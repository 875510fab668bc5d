-- ===== src/Server/Serial/Accesses.antt =====
-- What an operation does depends on the buckets that it holds, and changes those that it owns.
use mathlib.Core.Path.{subst}
use so.Common.{ℕ, ◌==◌, List, [], ◌∷◌, ◌≡◌, ◌≢◌, refl, sym, ◌∙◌, ap, Bool-cases, inl, inr, ==_iff}
use so.Server.Locking.{Hold, free, owned}
use so.Server.Serial.{Access, act, look, change, update, access, run}

-- The two have the same in every bucket that is held.
abbrev pub SameHeld : {C : Type 0} → (ℕ → Hold) → (ℕ → C) → (ℕ → C) → Type 0
SameHeld held cells other = (b : ℕ) → held b ≢ free → cells b ≡ other b

owned-ne_free : {h : Hold} → h ≡ owned → h ≢ free
owned-ne_free o = λ e. cc

update-SameHeld :
    {C : Type 0} (held : ℕ → Hold) (cells other : ℕ → C) (b : ℕ) (c d : C)
    → c ≡ d
    → SameHeld held cells other
    → SameHeld held (update cells b c) (update other b d)
update-SameHeld held cells other b c d e h m ne = elim (Bool-cases (b == m)) [
  | inl at ↦ rw at e
  | inr not_at ↦ rw not_at (h m ne)
]

module _ {C L : Type 0} where
  -- Only buckets that are held are seen, and only buckets that are owned are changed.
  abbrev pub IsGuarded : (ℕ → Hold) → List (Access C L) → Type 0
  IsGuarded held [] = Unit
  IsGuarded held (act f ∷ left) = IsGuarded held left
  IsGuarded held (look b f ∷ left) = (held b ≢ free) × IsGuarded held left
  IsGuarded held (change b f ∷ left) = (held b ≡ owned) × IsGuarded held left

  -- The two keep the same, and have the same in every bucket that is held.
  abbrev pub SameEnd : (ℕ → Hold) → L × (ℕ → C) → L × (ℕ → C) → Type 0
  SameEnd held x y = (x.0 ≡ y.0) × SameHeld held x.1 y.1

  -- On cells that agree where the operation holds its locks, it does the same.
  pub run-SameHeld :
      (held : ℕ → Hold) (left : List (Access C L)) (l : L) (cells other : ℕ → C)
      → IsGuarded held left
      → SameHeld held cells other
      → SameEnd held (run left (l, cells)) (run left (l, other))
  unfolding run
  run-SameHeld held [] l cells other g h = (refl, h)
  run-SameHeld held (act f ∷ left) l cells other g h = run-SameHeld held left (f l) cells other g h
  run-SameHeld held (look b f ∷ left) l cells other g h =
      subst (λ c. SameEnd held (run left (f l c, cells)) (run left (f l (other b), other)))
        (sym (h b g.0)) (run-SameHeld held left (f l (other b)) cells other g.1 h)
  run-SameHeld held (change b f ∷ left) l cells other g h =
      let r = f l (other b) in
      subst
        (λ c.
          SameEnd held (run left ((f l c).0, update cells b (f l c).1))
            (run left (r.0, update other b r.1)))
        (sym (h b (owned-ne_free g.0)))
        (run-SameHeld held left r.0 (update cells b r.1) (update other b r.1) g.1
          (update-SameHeld held cells other b r.1 r.1 refl h))

  -- A bucket that is not owned stays as it is.
  pub run-not_owned :
      (held : ℕ → Hold) (left : List (Access C L)) (l : L) (cells : ℕ → C) (m : ℕ)
      → IsGuarded held left
      → held m ≢ owned
      → (run left (l, cells)).1 m ≡ cells m
  unfolding run
  run-not_owned held [] l cells m g ne = refl
  run-not_owned held (act f ∷ left) l cells m g ne = run-not_owned held left (f l) cells m g ne
  run-not_owned held (look b f ∷ left) l cells m g ne =
      run-not_owned held left (f l (cells b)) cells m g.1 ne
  run-not_owned held (change b f ∷ left) l cells m g ne =
      run-not_owned held left _ (update cells b (f l (cells b)).1) m g.1 ne
      ∙ elim (Bool-cases (b == m)) [
        | inl at ↦ absurd (ne (sym (ap held ((==_iff b m).0 at)) ∙ g.0))
        | inr not_at ↦ rw not_at
      ]

  -- So it does after one access.
  pub access-not_owned :
      (held : ℕ → Hold) (a : Access C L) (left : List (Access C L)) (l : L) (cells : ℕ → C) (m : ℕ)
      → IsGuarded held (a ∷ left)
      → held m ≢ owned
      → (access a (l, cells)).1 m ≡ cells m
  access-not_owned held (act f) left l cells m g ne = refl
  access-not_owned held (look b f) left l cells m g ne = refl
  access-not_owned held (change b f) left l cells m g ne = elim (Bool-cases (b == m)) [
    | inl at ↦ absurd (ne (sym (ap held ((==_iff b m).0 at)) ∙ g.0))
    | inr not_at ↦ rw not_at
  ]

  pub IsGuarded-rest :
      (held : ℕ → Hold) (a : Access C L) (left : List (Access C L))
      → IsGuarded held (a ∷ left)
      → IsGuarded held left
  IsGuarded-rest held (act f) left g = g
  IsGuarded-rest held (look b f) left g = g.1
  IsGuarded-rest held (change b f) left g = g.1
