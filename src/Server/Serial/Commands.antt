-- ===== src/Server/Serial/Commands.antt =====
-- kvs_write, kvs_read and kvs_delete of SOParte2/src/server/operations.c as accesses to the buckets,
-- each behind the locks of lock_loop. A thread keeps what it has written to `output_fd`, and
-- `has_error`.
use so.Common.{
  ℕ, suc, if◌then◌else◌, Bool, true, false, Option, none, some, List, [], ◌∷◌, ◌++◌, Bytes, codes,
  ℤ, pos, negsuc, Run, ok, fault, ◌>>=◌,
}
use so.Server.Kvs.{KeyNode, Chain, hash, find_node, update_node, unlink, set_value, new_node}
use so.Server.Sort.{Pair}
use so.Server.Locking.{Hold, shared, owned}
use so.Server.Operations.{
  Store, Lock, bucket, Event, rdlock, wrlock, lock_loop, none_hashed, keys_of, sprintf, read_reply,
  missing_reply, kvs_write, kvs_read, kvs_delete,
}
use so.Server.Serial.{Access, act, look, change, Operation}

abbrev pub Local : Type 0
Local = Run (Bytes × Bool)

-- The bucket that `hash` gives; the calls are of keys that have one.
abbrev index_of : ℤ → ℕ
index_of (pos i) = i
index_of (negsuc i) = 0

abbrev pub bucket_of : Bytes → ℕ
bucket_of key = index_of (hash key)

abbrev pub say : Bytes → Local → Local
say text l = do (out, failed) ← l; ok (out ++ text, failed)

-- `write_pair`, on the chain of the key
unfoldable pub write_chain : Option (List ℕ) → Bytes → Bytes → Chain → Run Chain
unfolding new_node
write_chain memory key value c = elim (find_node key c) [
  | some _ ↦ ok (update_node (set_value value) key c)
  | none ↦ do n ← new_node memory key value; ok (n ∷ c)
]

abbrev pub kept : Local → Chain → Run Chain → Local × Chain
kept l c (ok d) = (l, d)
kept l c (fault why) = (fault why, c)

abbrev pub write_access : Option (List ℕ) → Pair → Access Chain Local
write_access memory p = change (bucket_of p.0) (λ l c. kept l c (write_chain memory p.0 p.1 c))

unfoldable pub write_accesses : (ℕ → Option (List ℕ)) → ℕ → List Pair → List (Access Chain Local)
write_accesses memory i [] = []
write_accesses memory i (p ∷ ps) = write_access (memory i) p ∷ write_accesses memory (suc i) ps

abbrev pub value_at : Option KeyNode → Option Bytes
value_at none = none
value_at (some n) = some n.value

abbrev pub answer : Bytes → Local → Chain → Local
answer key l c = do
  (out, failed) ← l
  buffer ← sprintf (read_reply key (value_at (find_node key c)))
  ok (out ++ buffer, failed)

unfoldable pub look_ups : List Bytes → List (Access Chain Local) → List (Access Chain Local)
look_ups [] last = last
look_ups (k ∷ ks) last = look (bucket_of k) (answer k) ∷ look_ups ks last

unfoldable pub read_accesses : List Bytes → List (Access Chain Local)
unfolding look_ups
read_accesses keys = act (say (codes "[")) ∷ look_ups keys (act (say (codes "]\n")) ∷ [])

-- The reply for a key that is not there; the first one opens the list.
abbrev pub report : Bytes → Local → Local
report key l = do
  (out, failed) ← l
  buffer ← sprintf (missing_reply key)
  ok (out ++ (if failed then buffer else codes "[" ++ buffer), true)

abbrev pub remove_from : Bytes → Local → Chain → Local × Chain
remove_from key l c = elim (find_node key c) [
  | some _ ↦ (l, unlink key c)
  | none ↦ (report key l, c)
]

unfoldable pub removals : List Bytes → List (Access Chain Local) → List (Access Chain Local)
removals [] last = last
removals (k ∷ ks) last = change (bucket_of k) (remove_from k) ∷ removals ks last

abbrev pub no_error : Local → Local
no_error l = do (out, failed) ← l; ok (out, false)

abbrev pub close_errors : Local → Local
close_errors l = do (out, failed) ← l; ok (if failed then out ++ codes "]\n" else out, failed)

unfoldable pub delete_accesses : List Bytes → List (Access Chain Local)
unfolding removals
delete_accesses keys = act no_error ∷ removals keys (act close_errors ∷ [])

-- The buckets that the events lock, in order.
abbrev pub holds : List Event → List (ℕ × Hold)
holds [] = []
holds (rdlock (bucket i) ∷ es) = (i, shared) ∷ holds es
holds (wrlock (bucket i) ∷ es) = (i, owned) ∷ holds es
holds (_ ∷ es) = holds es

abbrev pub locks_of : Run (List Bool × List Event) → List (ℕ × Hold)
locks_of (ok (hashed, events)) = holds events
locks_of (fault why) = []

pub data Call : Type 0 where
  writing : (ℕ → Option (List ℕ)) → List Pair → Call
  reading deleting : List Bytes → Call

abbrev pub keys_in : Call → List Bytes
keys_in (writing memory ps) = keys_of ps
keys_in (reading keys) = keys
keys_in (deleting keys) = keys

abbrev pub accesses_of : Call → List (Access Chain Local)
accesses_of (writing memory ps) = write_accesses memory 0 ps
accesses_of (reading keys) = read_accesses keys
accesses_of (deleting keys) = delete_accesses keys

abbrev pub kind_of : Call → Lock → Event
kind_of (reading keys) = rdlock
kind_of _ = wrlock

unfoldable pub operation : Call → Operation Chain Local
unfolding lock_loop keys_of
operation c = record {
  locks = locks_of (lock_loop (kind_of c) (keys_in c) none_hashed);
  accesses = accesses_of c;
}

-- The call, at once.
unfoldable pub called : Call → Store → Run (Store × ℕ × List Event)
called (writing memory ps) s = kvs_write memory s ps
called (reading keys) s = kvs_read s keys
called (deleting keys) s = kvs_delete s keys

+--

-- Task statement --
Each line in the data that holds the string "Locking" must be returned.

-- Exercise output --
use so.Server.Locking.{Hold, free, owned}
use so.Server.Locking.{Hold, shared, owned}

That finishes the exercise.